# French refuses to deliver new Russian warships



## Cisco (Jan 29, 2007)

This should be interesting... I remember they built some for South Africa that were never delivered for political reasons.

http://www.independent.co.uk/news/w...an-sailors-from-boarding-warship-9869984.html

edit.... that should be France refuses or maybe French refuse.... seems I can't type and eat toast at the same time anymore...


----------



## chadburn (Jun 2, 2008)

The French did the same with the Israeli Navy. However, that did not stop them from getting their hands on the vessels in question by other means.
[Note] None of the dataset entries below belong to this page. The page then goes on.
-- ===== src/Session/Calls.antt =====
-- src/qwen_tts_bridge/session/worker_session.cpp: the calls of the session's owner. The lock is
-- released while the transport works, so what the transport answers and the callbacks that it
-- makes meanwhile are arguments of each call, and every list of them is possible.
use qwen3_tts_bridge_cpp.Common.{
  ℕ, String, Bool, true, false, not, ◌&&◌, ◌||◌, none, some, List, [], ◌∷◌, ◌==◌, if◌then◌else◌,
}
use qwen3_tts_bridge_cpp.Common.Int.{ℤ}
use qwen3_tts_bridge_cpp.Data.{control_json, EncodeError}
use qwen3_tts_bridge_cpp.Framing.Codec.{encode_frame}
use qwen3_tts_bridge_cpp.Framing.Parser.{clear}
use qwen3_tts_bridge_cpp.Control.Messages.{
  ControlMessage, hello_message, shutdown_message, ControlCodec, control_message_type, is_ok,
}
use qwen3_tts_bridge_cpp.Session.Types.{
  WorkerSession, WorkerSessionState, SendResult, make_session_error, make_transport_error, is_live,
  is_starting, is_ready_state, is_client_to_worker_control, send_result_message,
}
use qwen3_tts_bridge_cpp.Session.Worker.{
  enqueue_event_locked, fail_with_event_locked, mark_outbound_control_locked,
  handle_transport_error, handle_exit, handle_bytes, wait_for_event,
}

pub data Callback : Type 0 where
  bytes_received : List ℕ → Callback
  transport_failed : String → Callback
  peer_exited : ℤ → Callback

-- What `transport_->send` answers, and the callbacks before it answers.
pub record Sending : Type 0 where
  pub meanwhile : List Callback
  pub result : SendResult

-- What the transport does during `start`.
pub record Starting : Type 0 where
  pub transport_started : Bool
  pub at_start : List Callback
  pub hello : Sending
  pub before_wake : List Callback
  pub running : Bool

-- What the transport does during `stop`.
pub record Stopping : Type 0 where
  pub running : Bool
  pub shutdown : Sending
  pub at_stop : List Callback

unfoldable pub is_accepted : SendResult → Bool
is_accepted SendResult.accepted = true
is_accepted _ = false

unfoldable pub is_encoded : EncodeError → Bool
is_encoded EncodeError.no_error = true
is_encoded _ = false

unfoldable pub is_stopped : WorkerSessionState → Bool
is_stopped WorkerSessionState.stopped = true
is_stopped _ = false

unfoldable pub is_stopping : WorkerSessionState → Bool
is_stopping WorkerSessionState.stopping = true
is_stopping _ = false

unfoldable pub is_exited : WorkerSessionState → Bool
is_exited WorkerSessionState.exited = true
is_exited _ = false

module _ {D : Type 0} where
  -- An encoding error of an outbound message.
  unfoldable pub report_encode_error : WorkerSession D → String → WorkerSession D
  report_encode_error s diagnostic =
      if is_starting s.state
      then (fail_with_event_locked s (make_session_error diagnostic) true).0
      else (enqueue_event_locked s (make_session_error diagnostic) true).0

  -- The end of `send_control_frame`, once the transport has answered.
  unfoldable pub finish_send : WorkerSession D → SendResult → WorkerSession D × Bool
  finish_send s result =
      if is_accepted result
      then (s, true)
      else if is_live s.state
      then (
        (fail_with_event_locked s (make_transport_error (send_result_message result)) true).0,
        false,
      )
      else (
        (enqueue_event_locked s (make_transport_error (send_result_message result)) true).0,
        false,
      )

  -- The first critical section of `start`.
  unfoldable pub begin_start : WorkerSession D → WorkerSession D × Bool
  begin_start s =
      if not s.has_transport
        || s.start_attempted
        || not (is_stopped s.state)
        || s.options.max_event_queue_events == 0
        || s.options.max_event_queue_bytes == 0
      then (s, false)
      else (
        record s {
          start_attempted = true;
          state = WorkerSessionState.starting;
          event_queue_overflowed = false;
          parser = clear s.parser;
          events = [];
          queued_event_bytes = 0;
          shutdown_requested = false;
        },
        true,
      )

  -- The first critical section of `stop`. The flags say whether to go on and to send `shutdown`.
  unfoldable pub begin_stop : WorkerSession D → WorkerSession D × Bool × Bool
  begin_stop s = if is_stopped s.state || is_stopping s.state then (s, false, false) else (
    record s { state = if is_exited s.state then s.state else WorkerSessionState.stopping },
    true,
    is_ready_state s.state,
  )

  -- The last one.
  unfoldable pub finish_stop : WorkerSession D → WorkerSession D
  finish_stop s = if is_stopping s.state then record s { state = WorkerSessionState.stopped } else s

-- The calls and callbacks that the session may see.
pub data Action (D : Type 0) : Type 0 where
  starts : Starting → Stopping → Action D
  sends : ℕ → ControlMessage D → Bool → Sending → Action D
  stops : Stopping → Action D
  takes : Action D
  calls_back : Callback → Action D

module _ {D : Type 0} (codec : ControlCodec D) where
  unfoldable pub deliver : WorkerSession D → Callback → WorkerSession D
  deliver s (bytes_received bytes) = (handle_bytes codec s bytes).0
  deliver s (transport_failed message) = handle_transport_error s message
  deliver s (peer_exited status) = handle_exit s status

  unfoldable pub deliver_all : WorkerSession D → List Callback → WorkerSession D
  deliver_all s [] = s
  deliver_all s (c ∷ cs) = deliver_all (deliver s c) cs

  -- `send_control_frame` from the framing of the payload on.
  unfoldable pub send_payload :
      WorkerSession D → ℕ → ControlMessage D → List ℕ → Sending → WorkerSession D × Bool
  send_payload s request_id message payload sending =
      let encoded = encode_frame control_json request_id payload in
      if not (is_encoded encoded.error)
      then (report_encode_error s encoded.message, false)
      else finish_send
          (deliver_all (mark_outbound_control_locked s request_id (control_message_type message))
            sending.meanwhile)
          sending.result

  unfoldable pub send_control_frame :
      WorkerSession D → ℕ → ControlMessage D → Sending → WorkerSession D × Bool
  send_control_frame s request_id message sending =
      let payload = codec.encode_control_message message in
      if not s.has_transport
      then (s, false)
      else if not (is_client_to_worker_control (control_message_type message))
      then (
        (enqueue_event_locked s (make_session_error "cannot send worker-to-client control message")
            true).0,
        false,
      )
      else if not (is_ok payload.error)
      then (report_encode_error s payload.diagnostic, false)
      else send_payload s request_id message payload.payload sending

  unfoldable pub send_control :
      WorkerSession D → ℕ → ControlMessage D → Bool → Sending → WorkerSession D × Bool
  send_control s request_id message running sending =
      if not (is_ready_state s.state) || not s.has_transport || not running
      then (s, false)
      else send_control_frame s request_id message sending

  -- `stop` between its two critical sections.
  unfoldable pub stop_transport : WorkerSession D → Bool → Stopping → WorkerSession D
  stop_transport s send_shutdown env =
      let told =
        if send_shutdown
        then (send_control_frame s 0 (shutdown_message (record { mode = "cancel" })) env.shutdown).0
        else s in
      if s.has_transport && env.running then deliver_all told env.at_stop else s

  unfoldable pub stop : WorkerSession D → Stopping → WorkerSession D
  stop s env =
      let (s', going, send_shutdown) = begin_stop s in
      if going then finish_stop (stop_transport s' send_shutdown env) else s'

  -- `start` after the transport has started and sent `hello`.
  unfoldable pub await_ready : WorkerSession D → Starting → Stopping → WorkerSession D × Bool
  await_ready s env stopping =
      let s' = deliver_all s env.before_wake in
      if is_ready_state s'.state && not s'.event_queue_overflowed && s'.has_transport && env.running
      then (s', true)
      else (stop s' stopping, false)

  unfoldable pub greet : WorkerSession D → Starting → Stopping → WorkerSession D × Bool
  greet s env stopping =
      let hello = hello_message (record {
        client_name = s.options.client_name;
        client_version = s.options.client_version;
      }) in
      let (s', sent) = send_control_frame s 0 hello env.hello in
      if not (is_starting s.state)
      then (stop s stopping, false)
      else if not sent
      then (stop s' stopping, false)
      else await_ready s' env stopping

  unfoldable pub start : WorkerSession D → Starting → Stopping → WorkerSession D × Bool
  start s env stopping =
      let (s', fresh) = begin_start s in
      let started = deliver_all s' env.at_start in
      if not fresh
      then (s', false)
      else if not env.transport_started
      then (record started { state = WorkerSessionState.failed }, false)
      else greet started env stopping

  unfoldable pub step : WorkerSession D → Action D → WorkerSession D
  step s (starts env stopping) = (start s env stopping).0
  step s (sends request_id message running sending) =
      (send_control s request_id message running sending).0
  step s (stops env) = stop s env
  step s takes = elim (wait_for_event s) [ none ↦ s | some r ↦ r.1 ]
  step s (calls_back c) = deliver s c

  unfoldable pub run : WorkerSession D → List (Action D) → WorkerSession D
  run s [] = s
  run s (a ∷ rest) = run (step s a) rest
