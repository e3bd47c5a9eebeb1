-- ===== src/Client/Types.antt =====
-- src/qwen_tts_bridge/client/client_types.hpp and qwen_tts_client.hpp: the client's types. Spoken
-- texts are lists of bytes, since the hooks may return any bytes; `D` is the type `double`.
use qwen3_tts_bridge_cpp.Common.{
  ℕ, String, Bool, Option, none, some, List, [], ◌∷◌, ◌==◌, if◌then◌else◌,
}
use qwen3_tts_bridge_cpp.Data.{AudioFormat, PcmChunk, SpeechTimingChunk}
use qwen3_tts_bridge_cpp.Control.Messages.{ControlMessage}
use qwen3_tts_bridge_cpp.Session.Types.{WorkerSession, WorkerSessionOptions}

pub record TextPreparationWarning : Type 0 where
  pub code : String
  pub message : String
  pub offset : ℕ
  pub span_length : ℕ

pub record TextStressDecision : Type 0 where
  pub word : String
  pub stressed_vowel : Option ℕ
  pub from_dictionary : Bool
  pub reason : String

pub record TtsSamplingOptions (D : Type 0) : Type 0 where
  pub temperature : Option D
  pub top_k : Option ℕ
  pub top_p : Option D
  pub repetition_penalty : Option D
  pub do_sample : Option Bool

pub record TtsRequest (D : Type 0) : Type 0 where
  pub id : ℕ
  pub text : List ℕ
  pub language : String
  pub speaker : String
  pub instruction : String
  pub voice_id : String
  pub reference_audio_path : String
  pub reference_text : String
  pub x_vector_only : Bool
  pub has_seed : Bool
  pub seed : ℕ
  pub sampling : TtsSamplingOptions D
  pub output : AudioFormat

pub record PreparedText : Type 0 where
  pub original_text : List ℕ
  pub effective_text : List ℕ
  pub utf8_bytes : ℕ
  pub non_space_utf8_bytes : ℕ
  pub was_modified : Bool
  pub frontend_normalized_text : List ℕ
  pub frontend_pronunciation_text : List ℕ
  pub frontend_warnings : List TextPreparationWarning
  pub frontend_stress_decisions : List TextStressDecision
  pub frontend_has_uncertainty : Bool

pub record PreparedTtsRequest (D : Type 0) : Type 0 where
  pub request : TtsRequest D
  pub text : PreparedText

pub record TtsError : Type 0 where
  pub request_id : ℕ
  pub category : String
  pub code : String
  pub message : String

pub record TtsCompletion : Type 0 where
  pub execution_outcome : String
  pub has_generation_trace : Bool
  pub termination_reason : String
  pub hit_eos : Bool
  pub hit_max_seq_len : Bool
  pub hit_max_new_tokens : Bool
  pub codec_frame_count : ℕ
  pub generated_steps : ℕ
  pub emitted_steps : ℕ
  pub terminal_step_index : ℕ

-- Which of the callbacks are set.
pub record TtsCallbacks : Type 0 where
  pub on_text_prepared : Bool
  pub on_audio : Bool
  pub on_timing : Bool
  pub on_completed : Bool
  pub on_completion_metadata : Bool
  pub on_cancelled : Bool
  pub on_error : Bool

-- The callbacks' calls, with their arguments. `exception_reported` is `on_callback_exception`.
pub data Notice : Type 0 where
  text_prepared : PreparedText → Notice
  audio : PcmChunk → Notice
  timing : SpeechTimingChunk → Notice
  completed : Notice
  completion_metadata : TtsCompletion → Notice
  cancelled : Notice
  error : TtsError → Notice
  exception_reported : Notice

-- A call of a callback of the request `owner`.
pub record Delivery : Type 0 where
  pub owner : ℕ
  pub notice : Notice

-- What a structured text preparer does: it fills its arguments and answers, or it throws, with a
-- `std::exception` or with something else.
pub data Preparation : Type 0 where
  answers : Bool → PreparedText → TtsError → Preparation
  throws : PreparedText → TtsError → String → Preparation
  throws_unknown : PreparedText → TtsError → Preparation

-- The same for a text preprocessor.
pub data Processing : Type 0 where
  returns : List ℕ → Processing
  throws : String → Processing
  throws_unknown : Processing

pub record QwenTtsClientOptions (D : Type 0) : Type 0 where
  pub session : WorkerSessionOptions
  pub max_outbound_commands : ℕ
  pub max_outbound_command_bytes : ℕ
  pub on_callback_exception : Bool
  pub text_preprocessor : Option (TtsRequest D → Processing)
  pub text_preparer : Option (TtsRequest D → PreparedText → TtsError → Preparation)

pub record ActiveRequest : Type 0 where
  pub callbacks : TtsCallbacks
  pub audio_format : AudioFormat
  pub prepared_text : Option PreparedText
  pub next_sample : ℕ
  pub text_context_delivered : Bool

pub record OutboundCommand (D : Type 0) : Type 0 where
  pub request_id : ℕ
  pub message : ControlMessage D
  pub queued_bytes : ℕ

-- The class. A thread is known by whether it can be joined.
pub record QwenTtsClient (D : Type 0) : Type 0 where
  pub session : Option (WorkerSession D)
  pub options : QwenTtsClientOptions D
  pub active_requests : List (ℕ × ActiveRequest)
  pub outbound_queue : List (OutboundCommand D)
  pub queued_outbound_bytes : ℕ
  pub writer_joinable : Bool
  pub dispatcher_joinable : Bool
  pub next_request_id : ℕ
  pub running : Bool
  pub stopping : Bool
  pub terminal_failure_handled : Bool
  pub late_audio_after_terminal_count : ℕ
  pub duplicate_terminal_event_count : ℕ

-- `unordered_map` by its entries.
module _ {ℓ} {V : Type ℓ} where
  abbrev pub find : ℕ → List (ℕ × V) → Option V
  find k [] = none
  find k ((j, v) ∷ m) = if k == j then some v else find k m

  abbrev pub erase : ℕ → List (ℕ × V) → List (ℕ × V)
  erase k [] = []
  erase k ((j, v) ∷ m) = if k == j then m else (j, v) ∷ erase k m

  -- A write through the iterator that `find` has found.
  abbrev pub update : ℕ → V → List (ℕ × V) → List (ℕ × V)
  update k v [] = []
  update k v ((j, w) ∷ m) = if k == j then (j, v) ∷ m else (j, w) ∷ update k v m

  -- `emplace` keeps an entry that is there.
  abbrev pub emplace : ℕ → V → List (ℕ × V) → List (ℕ × V)
  emplace k v m = elim (find k m) [ none ↦ (k, v) ∷ m | some _ ↦ m ]
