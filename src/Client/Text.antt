-- ===== src/Client/Text.antt =====
-- src/qwen_tts_bridge/client/qwen_tts_client.cpp: UTF-8 and the text metrics. On a byte `v`,
-- `v & 0x1F` is `v % 32`, `v & 0xC0` is 0x80 just if `v / 64` is 2, and `(p << 6) | (v & 0x3F)` is
-- `p * 64 + v % 64`.
use qwen3_tts_bridge_cpp.Common.{
  ℕ, zero, suc, ◌+◌, ◌-◌, ◌*◌, ◌/◌, ◌%◌, Bool, true, false, ◌&&◌, ◌||◌, Option, none, some, List,
  [], ◌∷◌, ltb, leb, ◌==◌, ◌!=◌, if◌then◌else◌, length, drop,
}

-- The bits of the code point in the lead byte, and how many bytes follow it.
unfoldable pub lead_of : ℕ → Option (ℕ × ℕ)
lead_of lead =
    if leb 0xc2 lead && leb lead 0xdf
    then some (lead % 32, 1)
    else if leb 0xe0 lead && leb lead 0xef
    then some (lead % 16, 2)
    else if leb 0xf0 lead && leb lead 0xf4
    then some (lead % 8, 3)
    else none

-- The loop over the continuation bytes: the code point and the bytes behind it.
unfoldable pub continue_with : ℕ → ℕ → List ℕ → Option (ℕ × List ℕ)
continue_with zero code_point bytes = some (code_point, bytes)
continue_with (suc count) code_point [] = none
continue_with (suc count) code_point (b ∷ bytes) =
    if b / 64 != 2 then none else continue_with count (code_point * 64 + b % 64) bytes

-- The last test of a round.
unfoldable pub is_bad_code_point : ℕ → ℕ → Bool
is_bad_code_point continuation_count code_point =
    (continuation_count == 2 && ltb code_point 0x800)
    || (continuation_count == 3 && ltb code_point 0x10000)
    || ltb 0x10ffff code_point
    || (leb 0xd800 code_point && leb code_point 0xdfff)

-- One round of the loop of `is_valid_utf8`: the bytes behind the character, or none if it is bad.
unfoldable pub next_character : ℕ → List ℕ → Option (List ℕ)
next_character lead bytes = if leb lead 0x7f then some bytes else elim (lead_of lead) [
  | none ↦ none
  | some (bits, count) ↦ elim (continue_with count bits bytes) [
    | none ↦ none
    | some (code_point, rest) ↦ if is_bad_code_point count code_point then none else some rest
  ]
]

unfoldable pub is_valid_utf8_from : ℕ → List ℕ → Bool
is_valid_utf8_from zero bytes = false
is_valid_utf8_from (suc fuel) [] = true
is_valid_utf8_from (suc fuel) (lead ∷ bytes) = elim (next_character lead bytes) [
  | none ↦ false
  | some rest ↦ is_valid_utf8_from fuel rest
]

-- Each round takes a byte.
unfoldable pub is_valid_utf8 : List ℕ → Bool
is_valid_utf8 value = is_valid_utf8_from (suc (length value)) value

unfoldable pub is_unicode_space : ℕ → Bool
is_unicode_space code_point =
    code_point == 0x9
    || code_point == 0xa
    || code_point == 0xb
    || code_point == 0xc
    || code_point == 0xd
    || code_point == 0x20
    || code_point == 0xa0
    || code_point == 0x1680
    || (leb 0x2000 code_point && leb code_point 0x200a)
    || code_point == 0x2028
    || code_point == 0x2029
    || code_point == 0x202f
    || code_point == 0x205f
    || code_point == 0x3000

-- The width of a character and the bits of its lead byte, as `count_non_space_utf8_bytes` has them.
unfoldable pub width_of : ℕ → ℕ × ℕ
width_of lead = elim (lead_of lead) [ none ↦ (1, lead) | some (bits, count) ↦ (suc count, bits) ]

-- The code point of `count` more bytes, read without a test. Behind the text there is nothing to
-- read, which the model reads as 0.
unfoldable pub code_point_of : ℕ → ℕ → List ℕ → ℕ
code_point_of zero code_point bytes = code_point
code_point_of (suc count) code_point [] = code_point_of count (code_point * 64) []
code_point_of (suc count) code_point (b ∷ bytes) =
    code_point_of count (code_point * 64 + b % 64) bytes

unfoldable pub count_non_space_from : ℕ → List ℕ → ℕ → ℕ
count_non_space_from zero bytes result = result
count_non_space_from (suc fuel) [] result = result
count_non_space_from (suc fuel) (lead ∷ bytes) result =
    let (width, bits) = width_of lead in
    count_non_space_from fuel (drop (width - 1) bytes)
      (if is_unicode_space (code_point_of (width - 1) bits bytes) then result else result + width)

unfoldable pub count_non_space_utf8_bytes : List ℕ → ℕ
count_non_space_utf8_bytes value = count_non_space_from (length value) value 0

unfoldable pub same_bytes : List ℕ → List ℕ → Bool
same_bytes [] [] = true
same_bytes [] (y ∷ ys) = false
same_bytes (x ∷ xs) [] = false
same_bytes (x ∷ xs) (y ∷ ys) = x == y && same_bytes xs ys
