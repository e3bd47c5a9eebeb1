-- ===== src/Client/Deliver.antt =====
-- src/qwen_tts_bridge/client/qwen_tts_client.cpp: the calls of a request's callbacks that a handler
-- has to make, without the lock and behind its changes of the client. `throws` says which of them
-- throw.
use qwen3_tts_bridge_cpp.Common.{
  ℕ, ◌*◌, ◌/◌, ◌%◌, String, Bool, true, false, not, ◌&&◌, ◌||◌, Option, none, some, List, [], ◌∷◌,
  ◌++◌, ltb, ◌==◌, ◌!=◌, if◌then◌else◌, length,
}
use text.Mathlib.Text.{◌==◌ as ◌≈◌}
use qwen3_tts_bridge_cpp.Common.Words.{u32_max}
use qwen3_tts_bridge_cpp.Data.{AudioFormat, PcmChunk, SpeechTimingChunk}
use qwen3_tts_bridge_cpp.Control.Messages.{CompletedMessage}
use qwen3_tts_bridge_cpp.Client.Types.{
  ActiveRequest, TtsCallbacks, TtsError, TtsCompletion, PreparedText, Notice, Delivery,
  text_prepared, audio, timing, error, exception_reported,
}

unfoldable pub bytes_per_sample : AudioFormat → Option ℕ
bytes_per_sample format =
    if format.sample_format ≈ "u8"
    then some 1
    else if format.sample_format ≈ "s16le"
    then some 2
    else if format.sample_format ≈ "s24le"
    then some 3
    else if (format.sample_format ≈ "s32le") || (format.sample_format ≈ "f32le")
    then some 4
    else none

unfoldable pub sample_count_for_audio : AudioFormat → ℕ → Option ℕ
sample_count_for_audio format byte_count = elim (bytes_per_sample format) [
  | none ↦ none
  | some sample_bytes ↦
      let frame_bytes = sample_bytes * format.channels in
      if format.channels == 0
      then none
      else if frame_bytes == 0 || byte_count % frame_bytes != 0
      then none
      else if ltb u32_max (byte_count / frame_bytes)
      then none
      else some (byte_count / frame_bytes)
]

unfoldable pub make_local_error : ℕ → String → String → String → TtsError
make_local_error request_id category code message = record {
  request_id = request_id;
  category = category;
  code = code;
  message = message;
}

unfoldable pub is_none {ℓ} : {A : Type ℓ} → Option A → Bool
is_none none = true
is_none (some a) = false

unfoldable pub completion_of : CompletedMessage → TtsCompletion
completion_of m = record {
  execution_outcome = m.execution_outcome;
  has_generation_trace = m.has_generation_trace;
  termination_reason = m.generation_trace.termination_reason;
  hit_eos = m.generation_trace.hit_eos;
  hit_max_seq_len = m.generation_trace.hit_max_seq_len;
  hit_max_new_tokens = m.generation_trace.hit_max_new_tokens;
  codec_frame_count = m.generation_trace.codec_frame_count;
  generated_steps = m.generation_trace.generated_steps;
  emitted_steps = m.generation_trace.emitted_steps;
  terminal_step_index = m.generation_trace.terminal_step_index;
}

-- The text of a request, if it has not been delivered yet.
unfoldable pub pending_text : ActiveRequest → Option PreparedText
pending_text r = if r.text_context_delivered then none else r.prepared_text

module _ (throws : Delivery → Bool) where
  -- `invoke_user_callback`, if the callback is set. `hook` says whether `on_callback_exception` is.
  unfoldable pub invoke_user_callback : Bool → Bool → ℕ → Notice → List Delivery
  invoke_user_callback set hook owner notice =
      let call : Delivery = record { owner = owner; notice = notice } in
      let report : Delivery = record { owner = owner; notice = exception_reported } in
      if not set then [] else if throws call && hook then call ∷ report ∷ [] else call ∷ []

  -- The loop of `fail_all_requests`.
  unfoldable pub fail_each : Bool → TtsError → List (ℕ × ActiveRequest) → List Delivery
  fail_each hook e [] = []
  fail_each hook e ((request_id, r) ∷ rest) =
      invoke_user_callback r.callbacks.on_error hook request_id
        (error (if e.request_id == 0 then record e { request_id = request_id } else e))
      ++ fail_each hook e rest

  unfoldable pub deliver_text : Bool → Bool → ℕ → Option PreparedText → List Delivery
  deliver_text set hook request_id none = []
  deliver_text set hook request_id (some text) =
      invoke_user_callback set hook request_id (text_prepared text)

  -- The end of `handle_audio_event`.
  unfoldable pub deliver_chunk : TtsCallbacks → Bool → PcmChunk → List Delivery
  deliver_chunk callbacks hook chunk =
      let heard : SpeechTimingChunk = record {
        request_id = chunk.request_id;
        first_sample = chunk.first_sample;
        sample_count = chunk.sample_count;
        sample_rate = chunk.format.sample_rate;
      } in
      if length chunk.bytes == 0
      then []
      else invoke_user_callback callbacks.on_audio hook chunk.request_id (audio chunk)
        ++ (if chunk.sample_count == 0
            then []
            else invoke_user_callback callbacks.on_timing hook chunk.request_id (timing heard))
P.M. me if you are interested in the background story.


----------



## ben27 (Dec 27, 2012)

good day cisco.sm.today.06:55.re:french refuse to deliver new russian warships.it would be politics at the moment,but they dont want to loose the contract.they will hand them over pretty soon.interesting post,regards ben27


----------



## tunatownshipwreck (Nov 9, 2005)

I predict they'll sell them to another country friendly to Russia (first guess Belarus), which will then resell them to Russia.


----------



## RHP (Nov 1, 2007)

Yes I saw that, good on the French!

They got a bargain at 2 for 1.2 billion euros.


----------



## John Cassels (Sep 29, 2005)

Part of the sanctions re flight MH 70 ?.


----------



## Marcus C. Smith (Mar 12, 2009)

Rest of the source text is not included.